Сухой, длинный как жердь офицер, представившийся лейтенантом Колонелем, замахал, завертел руками, лопоча о пересадке. Понимая с пятого на десятое, каплей Фролов приказал занимать надувные катерки «Зодиак», которых бравые флотяги Сейшел привели на буксире.
Больше шести человек в лодке не помещалось, и какие-то минуты спустя флотилия «Зодиаков», излюбленных моторок диверсантов, понеслась к берегам острова Маэ.

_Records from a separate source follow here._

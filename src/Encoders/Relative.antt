-- ===== src/Encoders/Relative.antt =====
-- src/encoders.c: `process_encoder_input_rotary_relative`, and `process_encoder_input_rotary`, which
-- asks the functions for the kinds of movement one after the other.
use midi_fighter_twister_ope.Base.{
  ℕ, zero, suc, ◌+◌, ◌-◌, ◌*◌, ◌/◌, ◌%◌, ◌<◌, ◌≤◌, ◌≡◌, Bool-cases, inl, inr, arith, Bool, not,
  Option, none, some, List, [], ◌∷◌, ◌==◌, if◌then◌else◌, u8, u16, bit_and, ◌>>>◌,
}
use midi_fighter_twister_ope.Midi.{EventPacket, midi_stream_raw_cc}
use midi_fighter_twister_ope.Settings.{EncoderConfig}
use midi_fighter_twister_ope.Encoders.{
  Encoders, assign, less_int8, less_int16, extend, emulation, velocity_sensitive_enc,
  encoder_is_in_shift_state, is_relative,
}
use midi_fighter_twister_ope.Encoders.Banks.{refresh_display}
use midi_fighter_twister_ope.Encoders.Rotary.{
  is_fine, channel_of, process_encoder_input_rotary_detent, process_encoder_input_rotary_deadzone,
  process_encoder_input_rotary_absolute,
}

-- `while (relative_fine_value[i] >= 4)`: what is left and the output, after `n` rounds at most.
unfoldable pub fine_up : ℕ → ℕ → ℕ → ℕ × ℕ
fine_up zero v output = (v, output)
fine_up (suc n) v output =
    let next = fine_up n (u16 (v + 65532)) (u8 (output + 1)) in
    if less_int16 3 v then next else (v, output)

-- `while (relative_fine_value[i] <= -4)`.
unfoldable pub fine_down : ℕ → ℕ → ℕ → ℕ × ℕ
fine_down zero v output = (v, output)
fine_down (suc n) v output =
    let next = fine_down n (u16 (v + 4)) (u8 (output + 255)) in
    if less_int16 v 65533 then next else (v, output)

-- With rounds for a quarter of the ticks, the loop for clockwise fine movement ends by itself: four ticks are
-- one step of the output, which is a byte, and what is left of them is kept.
pub fine_up_lem :
    (n v output : ℕ)
    → v < 32768
    → v < 4 * n + 4
    → output < 256
    → fine_up n v output ≡ (v % 4, u8 (output + v / 4))
unfolding fine_up
fine_up_lem zero v output h k b = ground arith
fine_up_lem (suc n) v output h k b = elim (Bool-cases (less_int16 3 v)) [
  | inl more ↦
      let four : 4 ≤ v = ground arith in
      let e : u16 (v + 65532) ≡ v - 4 = omega (arith, four) in
      let rest =
        fine_up_lem n (v - 4) (u8 (output + 1)) (omega arith) (omega arith) (omega arith) in
      rw (more, e, rest) (ground arith)
  | inr enough ↦ rw enough (ground arith)
]

module _ (convert_ticks : ℕ → ℕ → ℕ) (secondary : ℕ → ℕ) (global_super_knob_start : ℕ) where
  -- The value that is sent, and what is left of the fine movement.
  unfoldable pub relative_output : Encoders → ℕ → EncoderConfig → ℕ → ℕ → ℕ → ℕ × ℕ
  relative_output s i cfg new_value bit cycle_count =
      let left : ℕ = s.relative_fine_value i in
      let up : ℕ × ℕ = fine_up 8192 (u16 (left + extend new_value)) 64 in
      let tick_count : ℕ = if less_int8 new_value 0 then u8 (256 - new_value) else new_value in
      let scaled_mult : ℕ = 1 + bit_and (convert_ticks tick_count cycle_count >>> 4) 0x1f in
      if is_fine s cfg bit
      then fine_down 8192 up.0 up.1
      else if cfg.movement == emulation
      then (left, u8 (64 + extend new_value))
      else if cfg.movement == velocity_sensitive_enc
      then (left, u8 (64 + extend new_value * scaled_mult))
      else (left, u8 (64 + extend new_value))

  unfoldable pub process_encoder_input_rotary_relative :
      Encoders → ℕ → ℕ → ℕ → ℕ → ℕ → Option (Encoders × List EventPacket)
  process_encoder_input_rotary_relative s i banked_encoder_id new_value bit cycle_count =
      let cfg = s.encoder_settings banked_encoder_id in
      let out = relative_output s i cfg new_value bit cycle_count in
      let midi_channel = channel_of cfg (encoder_is_in_shift_state s s.encoder_bank i) in
      if not (is_relative cfg)
      then none
      else some (
        record s { relative_fine_value = assign s.relative_fine_value i out.0 },
        if out.1 == 64
            then []
            else midi_stream_raw_cc midi_channel cfg.encoder_midi_number out.1 ∷ [],
      )

  -- A movement that is not taken by the native mode: each kind is asked in turn.
  unfoldable pub rotate_encoder : Encoders → ℕ → ℕ → ℕ → ℕ → ℕ → ℕ → Encoders × List EventPacket
  rotate_encoder s i virtual_encoder_id banked_encoder_id new_value bit cycle_count =
      elim (process_encoder_input_rotary_detent s i virtual_encoder_id banked_encoder_id
        new_value) [
          | some t ↦ (t, [])
          | none ↦
              elim (process_encoder_input_rotary_deadzone s i virtual_encoder_id banked_encoder_id
                new_value) [
                  | some t ↦ (t, [])
                  | none ↦
                      elim (process_encoder_input_rotary_relative s i banked_encoder_id new_value
                        bit cycle_count) [
                          | some r ↦ r
                          | none ↦
                              process_encoder_input_rotary_absolute convert_ticks secondary
                                global_super_knob_start s i virtual_encoder_id banked_encoder_id
                                new_value bit cycle_count
                        ]
                ]
        ]

  -- `native_mode_is_active` is whether the native mode takes the movement. `bit` is that of encoder `i`.
  -- `reset_idle_timer` refreshes the display first.
  unfoldable pub process_encoder_input_rotary :
      Bool → Encoders → ℕ → ℕ → ℕ → ℕ → ℕ → ℕ → Encoders × List EventPacket
  unfolding rotate_encoder
  process_encoder_input_rotary native_mode_is_active s i virtual_encoder_id banked_encoder_id
        new_value bit cycle_count =
      let refreshed = refresh_display s in
      if new_value == 0
      then (s, [])
      else if native_mode_is_active
      then (refreshed, midi_stream_raw_cc 0 i (u8 (64 + extend new_value)) ∷ [])
      else rotate_encoder refreshed i virtual_encoder_id banked_encoder_id new_value bit cycle_count
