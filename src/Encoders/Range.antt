-- ===== src/Encoders/Range.antt =====
-- src/encoders.c: the values of the encoders stay between 0 and 12700, and a movement adds to them what
-- it says, up to these ends.
use midi_fighter_twister_ope.Base.{ℕ, ◌+◌, ◌*◌, ◌<◌, ◌≤◌, ◌≡◌, arith, Bool, some, List, u16}
use midi_fighter_twister_ope.Midi.{EventPacket}
use midi_fighter_twister_ope.Encoders.{Encoders, extend, clamp_encoder_raw_value}
use midi_fighter_twister_ope.Encoders.BankRange.{InRange, assign-le, refresh_display-Changes}
use midi_fighter_twister_ope.Encoders.Banks.{refresh_display}
use midi_fighter_twister_ope.Encoders.Rotary.{
  base_multiplier, process_encoder_input_rotary_detent, process_encoder_input_rotary_deadzone,
  process_encoder_input_rotary_absolute,
}
use midi_fighter_twister_ope.Encoders.Relative.{
  process_encoder_input_rotary_relative, rotate_encoder, process_encoder_input_rotary,
}

pub clamp_range : (v : ℕ) → v < 65536 → clamp_encoder_raw_value v ≤ 12700
unfolding clamp_encoder_raw_value
clamp_range v h = ground arith

pub u16-lt : (n : ℕ) → u16 n < 65536
u16-lt n = omega arith

module _ (s : Encoders) (h : InRange s) where
  detent-InRange :
      (i virt banked new_value : ℕ) (t : Encoders)
      → process_encoder_input_rotary_detent s i virt banked new_value ≡ some t
      → (k : ℕ) → t.raw_encoder_value k ≤ 12700
  unfolding process_encoder_input_rotary_detent
  detent-InRange i virt banked new_value t e k = grind (arith, h)

  deadzone-InRange :
      (i virt banked new_value : ℕ) (t : Encoders)
      → process_encoder_input_rotary_deadzone s i virt banked new_value ≡ some t
      → (k : ℕ) → t.raw_encoder_value k ≤ 12700
  unfolding process_encoder_input_rotary_deadzone
  deadzone-InRange i virt banked new_value t e k = grind (arith, h)

  module _ (convert_ticks : ℕ → ℕ → ℕ) (secondary : ℕ → ℕ) (start : ℕ) where
    absolute-InRange :
        (i virt banked new_value bit cycle_count : ℕ)
        → InRange
            (process_encoder_input_rotary_absolute convert_ticks secondary start s i virt banked
              new_value bit cycle_count).0
    unfolding process_encoder_input_rotary_absolute
    absolute-InRange i virt banked new_value bit cycle_count = λ v.
        assign-le s.raw_encoder_value virt _ 12700 v h (
          clamp_range
            (u16 (
              s.raw_encoder_value virt
              + u16 (
                  extend new_value
                  * base_multiplier convert_ticks secondary start s (s.encoder_settings banked)
                      new_value bit cycle_count)))
            (u16-lt _))

    relative-InRange :
        (i banked new_value bit cycle_count : ℕ) (r : Encoders × List EventPacket)
        → process_encoder_input_rotary_relative convert_ticks secondary start s i banked new_value
            bit cycle_count
          ≡ some r
        → (k : ℕ) → r.0.raw_encoder_value k ≤ 12700
    unfolding process_encoder_input_rotary_relative
    relative-InRange i banked new_value bit cycle_count r e k = grind (arith, h)

    rotate-InRange :
        (i virt banked new_value bit cycle_count : ℕ)
        → InRange
            (rotate_encoder convert_ticks secondary start s i virt banked new_value bit
              cycle_count).0
    unfolding rotate_encoder
    rotate-InRange i virt banked new_value bit cycle_count k =
        let b = h k in
        let absolute = absolute-InRange i virt banked new_value bit cycle_count k in
        let relative =
          λ (r : Encoders × List EventPacket)
              (e : process_encoder_input_rotary_relative convert_ticks secondary start s i banked
                  new_value bit cycle_count
                ≡ some r).
            relative-InRange i banked new_value bit cycle_count r e k in
        let dead =
          λ (t : Encoders)
              (e : process_encoder_input_rotary_deadzone s i virt banked new_value ≡ some t).
            deadzone-InRange i virt banked new_value t e k in
        let detent =
          λ (t : Encoders)
              (e : process_encoder_input_rotary_detent s i virt banked new_value ≡ some t).
            detent-InRange i virt banked new_value t e k in
        grind (arith, b, absolute, relative, dead, detent)

    -- The multiplier of a movement by `n` and the state behind it.
    abbrev pub multiplier : ℕ → ℕ → ℕ → ℕ → ℕ
    multiplier banked bit cycle_count n =
        base_multiplier convert_ticks secondary start s (s.encoder_settings banked) n bit
          cycle_count

    abbrev pub moved : ℕ → ℕ → ℕ → ℕ → ℕ → ℕ → Encoders
    moved i virt banked bit cycle_count n =
        (process_encoder_input_rotary_absolute convert_ticks secondary start s i virt banked n bit
          cycle_count).0

module _ (s : Encoders) (h : InRange s) (convert_ticks : ℕ → ℕ → ℕ) (secondary : ℕ → ℕ)
    (start : ℕ) where
  -- No movement takes a value out of 0 to 12700, whatever the settings and the multipliers are.
  pub process_encoder_input_rotary-InRange :
      (native_mode_is_active : Bool) (i virt banked new_value bit cycle_count : ℕ)
      → InRange
          (process_encoder_input_rotary convert_ticks secondary start native_mode_is_active s i virt
            banked new_value bit cycle_count).0
  unfolding process_encoder_input_rotary
  process_encoder_input_rotary-InRange native_mode_is_active i virt banked new_value bit cycle_count
        k =
      let fresh = refresh_display s in
      let refreshed = (refresh_display-Changes s).in_range h in
      let b = h k in
      let c = refreshed k in
      let moved =
        rotate-InRange fresh refreshed convert_ticks secondary start i virt banked new_value bit
          cycle_count k in
      grind (arith, b, c, moved)
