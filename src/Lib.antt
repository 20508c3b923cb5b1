-- ===== src/Lib.antt =====
-- The enclave's agent: a verification library of its core.
--
-- A task reaches the enclave as a frame on a vsock stream (enclave/vsock/protocol.py). The controller
-- (enclave/agent/controller.py) then alternates between a call of the language model, through the planner,
-- and the tool calls that the model asks for, which run together, each with retries, through the router
-- (enclave/tools/router.py) and the registry (enclave/tools/base.py), until the model answers without a
-- tool call or a guard on cost, steps or time ends the task. The service (enclave/main.py) records the task
-- and its steps in a database (enclave/memory/state_db.py) and answers with the result; the client of the
-- model (enclave/agent/llm_client.py) is swapped at run time. A gateway on the host (host/api/main.py) keeps
-- the tasks that were submitted to it.
--
-- Files, with the code they model:
--   Base and its children             what the components share: native numbers and lists, texts as lists
--                                     of code points, JSON-like values, results, coroutines, dicts
--   Vsock/Protocol.antt               enclave/vsock/protocol.py: MessageFrame, encode_frame, decode_frame,
--                                     read_frame, write_frame
--   Agent/Models.antt                 enclave/agent/models.py: the data classes and their properties
--   Agent/Controller/Context.antt     controller.py: the token estimates and _compact_history
--   Agent/Controller/Output.antt      controller.py: _truncate_output, _safe_args_preview
--   Agent/Controller/Gather.antt      asyncio.gather over interleaved jobs
--   Agent/Controller/Retry.antt       controller.py: _dispatch_with_retry, and a step's calls together
--   Agent/Controller/State.antt       AgentController and the locals that its coroutines share
--   Agent/Controller/Loop.antt        controller.py: run_task and _run_step_loop
--   Agent/Controller/Permission.antt  controller.py: _check_permission, and the calls that ask for it
--   Agent/Controller/Turn.antt        controller.py: run_conversation_turn
--   Tools/Registry.antt               enclave/tools/base.py: ToolRegistry
--   Tools/Router.antt                 enclave/tools/router.py: ToolRouter.dispatch
--   Vsock/Server.antt                 enclave/vsock/server.py: VsockServer._handle_connection
--   Vsock/Client.antt                 enclave/vsock/client.py: VsockClient; its loops run on fuel, one more than
--                                     the bytes that arrive, of which every frame takes some
--   Tools/Args.antt, Tools/Disk.antt  the checks of arguments and the file system that the tools share
--   Tools/Edits.antt                  enclave/tools/edit_file.py and multi_edit_tool.py
--   Tools/FileOps.antt                enclave/tools/file_ops.py: FileSystem
--   Tools/ApiCall.antt                enclave/tools/api_call.py: APICallTool
--   Host/Verifier.antt                host/attestation/verifier.py
--   Crypto/Sealing.antt               enclave/crypto/sealing.py, and what it uses of enclave/crypto/keys.py
--   Memory/Store.antt                 enclave/tools/memory_tool.py: SimpleVectorStore
--   Memory/Search.antt                memory_tool.py: SimpleVectorStore.search, with exact scores
--   Memory/Manager.antt               enclave/memory/manager.py: MemoryManager
--   Memory/StateDb.antt               enclave/memory/state_db.py: TaskStateDB, its tables as lists of rows
--   Agent/LlmClient/Convert.antt      enclave/agent/llm_client.py: messages and tools for the interfaces
--                                     that are compatible with OpenAI's
--   Agent/LlmClient/Chat.antt         llm_client.py: the payload and the reply of such an interface
--   Agent/LlmClient/OpenRouter.antt   llm_client.py: OpenRouterClient with its retries
--   Agent/LlmClient/Anthropic.antt    llm_client.py: AnthropicClient
--   Agent/LlmClient/Mock.antt         llm_client.py: MockLLMClient
--   Agent/LlmClient/Providers.antt    llm_client.py: create_llm_client, get_available_providers
--   Service/State.antt                enclave/main.py: the settings and the state of EnclaveService
--   Service/Tasks.antt                main.py: _handle_task_request
--   Service/Reconfigure.antt          main.py: _handle_reconfigure, and the first choice of a client
--   Service/Handlers.antt             main.py: the other handlers, and their table
--   Host/Api.antt, Host/Api/Stream.antt  host/api/main.py: the tasks of the gateway and their events
-- The children of a module hold the proofs about it, and the modules named Tests the runs on concrete
-- inputs.
--
-- Stateful code is a function from the state to a result and the state behind it; a coroutine
-- (Base/Coroutine.antt) ends with a value, an exception, or the cancellation that asyncio.wait_for brings
-- about. A timeout around a coroutine therefore shows as a cancelled call of the model, of a tool or of
-- sleep inside it. The calls that a step gathers interleave by attempts: a schedule names the call that
-- makes each next attempt, and what it leaves undone is done in order. Its loops are structural
-- recursions on the passes that range(1, max_steps + 1) has left, so no fuel is needed.
--
-- Code that is not part of the repository is a parameter: the JSON codec, the language model's client,
-- Python's str and repr and its number formats (the record Format), the digest sha3_256, the tools and
-- sleep, the cipher and the key derivation of the sealing, how paths resolve and files fail (the record
-- Platform, and Workspace for the file operations), the HTTP posts and the SDK behind the clients (Http,
-- Net), the texts that encode bytes (Encoding), and what the service asks of its clock, keys and attestation
-- device (Outside, Times, Identity). Costs are exact, in millionths of a dollar, where the code adds floats;
-- times are in milliseconds, and those that the code reads from the clock and stores are arguments. Budgets
-- and step limits are natural numbers, so a negative limit is not modelled. Logging, and the timestamps and
-- elapsed seconds of events, steps and results are left out.
--
-- Not modelled: the tools that read_file, write_file and list_dir offer, and those that search, run
-- code, a shell, git or a browser; the tool around the memory; the parsing of attestation documents and the
-- providers of them; the streaming of a task's events, the start and the stop of the
-- service of enclave/main.py; the prompts of enclave/agent/planner.py; the clients of OpenAI, Groq, Gemini
-- and Ollama in enclave/agent/llm_client.py and its catalog of models; and the terminal interface.
pub mod Base
pub mod Agent
pub mod Crypto
pub mod Host
pub mod Memory
pub mod Service
pub mod Tools
pub mod Vsock
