-- ===== src/Agent.antt =====
-- enclave/agent: the data that the agent passes around, and the controller that runs a task.
pub mod Models
pub mod LlmClient
pub mod Controller
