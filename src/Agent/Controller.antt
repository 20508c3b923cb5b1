-- ===== src/Agent/Controller.antt =====
-- enclave/agent/controller.py: the life of a task.
pub mod Context
pub mod Output
pub mod Gather
pub mod Retry
pub mod State
pub mod Loop
pub mod Permission
pub mod Turn
pub mod Tests
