-- ===== src/Base/Texts.antt =====
-- Python's `str` as the list of its code points, and the methods of it that the program calls.
pub mod Length
pub mod Replace
use Prim.Native.Nat.{ℕ, zero, suc, ◌+◌, ◌/◌, ◌%◌}
use Prim.Native.Char.{code}
use Prim.Native.String.{String}
use mathlib.Core.Path.{◌≡◌, refl}
use mathlib.Core.Logic.{◌↔◌}
use mathlib.Core.Bool.{Bool, true, false, ◌&&◌, ◌||◌}
use mathlib.Core.List.{List, [], ◌∷◌, ◌++◌, reverse}
use native.Mathlib.Omega.{arith}
use agentic_ai_tee.Base.Tests.{◌==◌, ltb, leb, if◌then◌else◌}

abbrev pub Text : Type 0
Text = List ℕ

-- The code points of a literal.
abbrev pub codes : String → Text
codes String.[] = []
codes (String.◌∷◌ c s) = code c ∷ codes s

-- `s == t`
unfoldable pub text_eq : Text → Text → Bool
text_eq [] [] = true
text_eq [] (d ∷ t) = false
text_eq (c ∷ s) [] = false
text_eq (c ∷ s) (d ∷ t) = (c == d) && text_eq s t

pub text_eq_iff : (s t : Text) → (text_eq s t ≡ true) ↔ (s ≡ t)
unfolding text_eq
text_eq_iff [] [] = ground arith
text_eq_iff [] (d ∷ t) = ground arith
text_eq_iff (c ∷ s) [] = ground arith
text_eq_iff (c ∷ s) (d ∷ t) = ground (arith, text_eq_iff s t)

pub text_eq_refl : (s : Text) → text_eq s s ≡ true
text_eq_refl s = (text_eq_iff s s).1 refl

-- `t in {…}` for a set of texts that is written out.
unfoldable pub one_of : Text → List Text → Bool
unfolding text_eq
one_of t [] = false
one_of t (s ∷ ss) = text_eq s t || one_of t ss

-- `t.startswith(p)`
unfoldable pub starts_with : Text → Text → Bool
starts_with t [] = true
starts_with [] (d ∷ p) = false
starts_with (c ∷ t) (d ∷ p) = (c == d) && starts_with t p

-- `t.endswith(p)`
unfoldable pub ends_with : Text → Text → Bool
unfolding starts_with
ends_with t p = starts_with (reverse t) (reverse p)

-- `sep.join(parts)`
abbrev pub join : Text → List Text → Text
join sep [] = []
join sep (p ∷ []) = p
join sep (p ∷ q ∷ ps) = p ++ (sep ++ join sep (q ∷ ps))

abbrev pub newline : Text
newline = 10 ∷ []

-- The whitespace of `str.strip()` and `str.split()`, after `str.isspace`.
unfoldable pub is_space : ℕ → Bool
is_space c =
    (leb 9 c && leb c 13)
    || ((leb 28 c && leb c 32)
        || ((c == 133)
            || ((c == 160)
                || ((c == 5760)
                    || ((leb 8192 c && leb c 8202)
                        || ((c == 8232)
                            || ((c == 8233) || ((c == 8239) || ((c == 8287) || (c == 12288))))))))))

abbrev pub lstrip : Text → Text
lstrip [] = []
lstrip (c ∷ t) = elim (is_space c) [ true ↦ lstrip t | false ↦ c ∷ t ]

-- `t.strip()`
abbrev pub strip : Text → Text
strip t = reverse (lstrip (reverse (lstrip t)))

-- `str(n)` for a number, on fuel; a number has at most as many digits as its value plus one.
digits : ℕ → ℕ → Text → Text
digits zero n acc = acc
digits (suc f) n acc =
    let rest = digits f (n / 10) ((48 + n % 10) ∷ acc) in if ltb n 10 then (48 + n) ∷ acc else rest

unfoldable pub decimal : ℕ → Text
unfolding digits
decimal n = digits (suc n) n []

decimal_tests : (decimal 0 ≡ codes "0") × (decimal 4096 ≡ codes "4096")
unfolding decimal
decimal_tests = (refl, refl)

-- a comma behind every three digits, from the last digit on
abbrev commas : Text → Text
commas (a ∷ b ∷ c ∷ d ∷ t) = a ∷ b ∷ c ∷ b',' ∷ commas (d ∷ t)
commas t = t

-- `f"{n:,}"`
unfoldable pub grouped : ℕ → Text
unfolding decimal
grouped n = reverse (commas (reverse (decimal n)))

grouped_tests : (grouped 987 ≡ codes "987") × (grouped 1234567 ≡ codes "1,234,567")
unfolding grouped
grouped_tests = (refl, refl)
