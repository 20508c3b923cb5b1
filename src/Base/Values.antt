-- ===== src/Base/Values.antt =====
-- Python's dynamically typed values, as they come from JSON: tool arguments, message payloads.
use Prim.Native.Nat.{ℕ, ◌/◌, ◌%◌, ◌^◌}
use mathlib.Core.Bool.{Bool, true, false, not, ◌&&◌, ◌||◌}
use mathlib.Core.Option.{Option, none, some}
use mathlib.Core.List.{List, [], ◌∷◌}
use agentic_ai_tee.Base.Tests.{if◌then◌else◌, ltb, leb, ◌==◌, is_some}
use agentic_ai_tee.Base.Lists.{is_empty, all}
use agentic_ai_tee.Base.Texts.{Text, text_eq}
use agentic_ai_tee.Base.Int.{ℤ, is_zero}

-- A float is its bit pattern: the program only tests floats for zero.
mutual
  pub data Value : Type 0 where
    none_value : Value
    bool : Bool → Value
    int : ℤ → Value
    float : ℕ → Value
    str : Text → Value
    list : Items → Value
    dict : Fields → Value

  pub data Items : Type 0 where
    nil : Items
    cons : Value → Items → Items

  pub data Fields : Type 0 where
    end : Fields
    field : Text → Value → Fields → Fields

-- `d.get(k)`
unfoldable pub get_field : Fields → Text → Option Value
get_field end k = none
get_field (field j v d) k = if text_eq j k then some v else get_field d k

-- `d.get(k, default)`
abbrev pub get_field_or : Fields → Text → Value → Value
get_field_or d k v = elim (get_field d k) [ none ↦ v | some w ↦ w ]

abbrev pub has_field : Fields → Text → Bool
has_field d k = is_some (get_field d k)

abbrev pub items : Items → List Value
items nil = []
items (cons v vs) = v ∷ items vs

-- `bool(v)`: the two zeros of a float are the patterns 0 and 2^63.
abbrev pub truthy : Value → Bool
truthy none_value = false
truthy (bool b) = b
truthy (int n) = not (is_zero n)
truthy (float b) = not ((b == 0) || (b == 2 ^ 63))
truthy (str t) = not (is_empty t)
truthy (list nil) = false
truthy (list (cons v vs)) = true
truthy (dict end) = false
truthy (dict (field k v d)) = true

abbrev pub is_str : Value → Bool
is_str (str t) = true
is_str _ = false

-- `isinstance(v, int)`: a `bool` is an `int` too.
abbrev pub is_int : Value → Bool
is_int (int n) = true
is_int (bool b) = true
is_int _ = false

abbrev pub is_list : Value → Bool
is_list (list vs) = true
is_list _ = false

abbrev pub is_dict : Value → Bool
is_dict (dict d) = true
is_dict _ = false

-- A code point that is no surrogate.
abbrev pub is_scalar : ℕ → Bool
is_scalar c = ltb c 0xd800 || (leb 0xe000 c && ltb c 0x110000)

-- What JSON carries faithfully: finite floats, texts without surrogates, each key once.
unfoldable mutual
  pub is_json : Value → Bool
  is_json none_value = true
  is_json (bool b) = true
  is_json (int n) = true
  is_json (float b) = not (b / 2 ^ 52 % 2048 == 2047)
  is_json (str t) = all is_scalar t
  is_json (list vs) = is_json_items vs
  is_json (dict d) = is_json_fields d

  pub is_json_items : Items → Bool
  is_json_items nil = true
  is_json_items (cons v vs) = is_json v && is_json_items vs

  pub is_json_fields : Fields → Bool
  is_json_fields end = true
  is_json_fields (field k v d) =
      all is_scalar k && (not (has_field d k) && (is_json v && is_json_fields d))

Рулил Баныкин, у мощной подвесной «Ямахи», пенившей воду винтом, сидел «Фрол», не отрывая глаз от бинокля, а к Гирину присоседился Якушев. Против обыкновения, замполит был молчалив и собран.
Маэ разрастался потихоньку, выпрастывая горушки и стеля долины, одинаково залитых изумрудной пеной зарослей. На склонах уже угадывались квадратики плантаций и деревушки – будто кто сахар-рафинад рассыпал по траве.
«Зодиак» скакал по волнам, одолевая пролив, и условий, чтобы спокойно всё обдумать, не было. Вот и держался холодок в душе.
Гирин был военным человеком, моряком…
«Заклепкой ты был, винтиком, – криво усмехнулся Иван. – Дали команду – исполнил. Когда сопровождали того французского летуна, ты же не его самого видел, чтобы так вот – глаза в глаза, там была всего лишь отметка на экране…»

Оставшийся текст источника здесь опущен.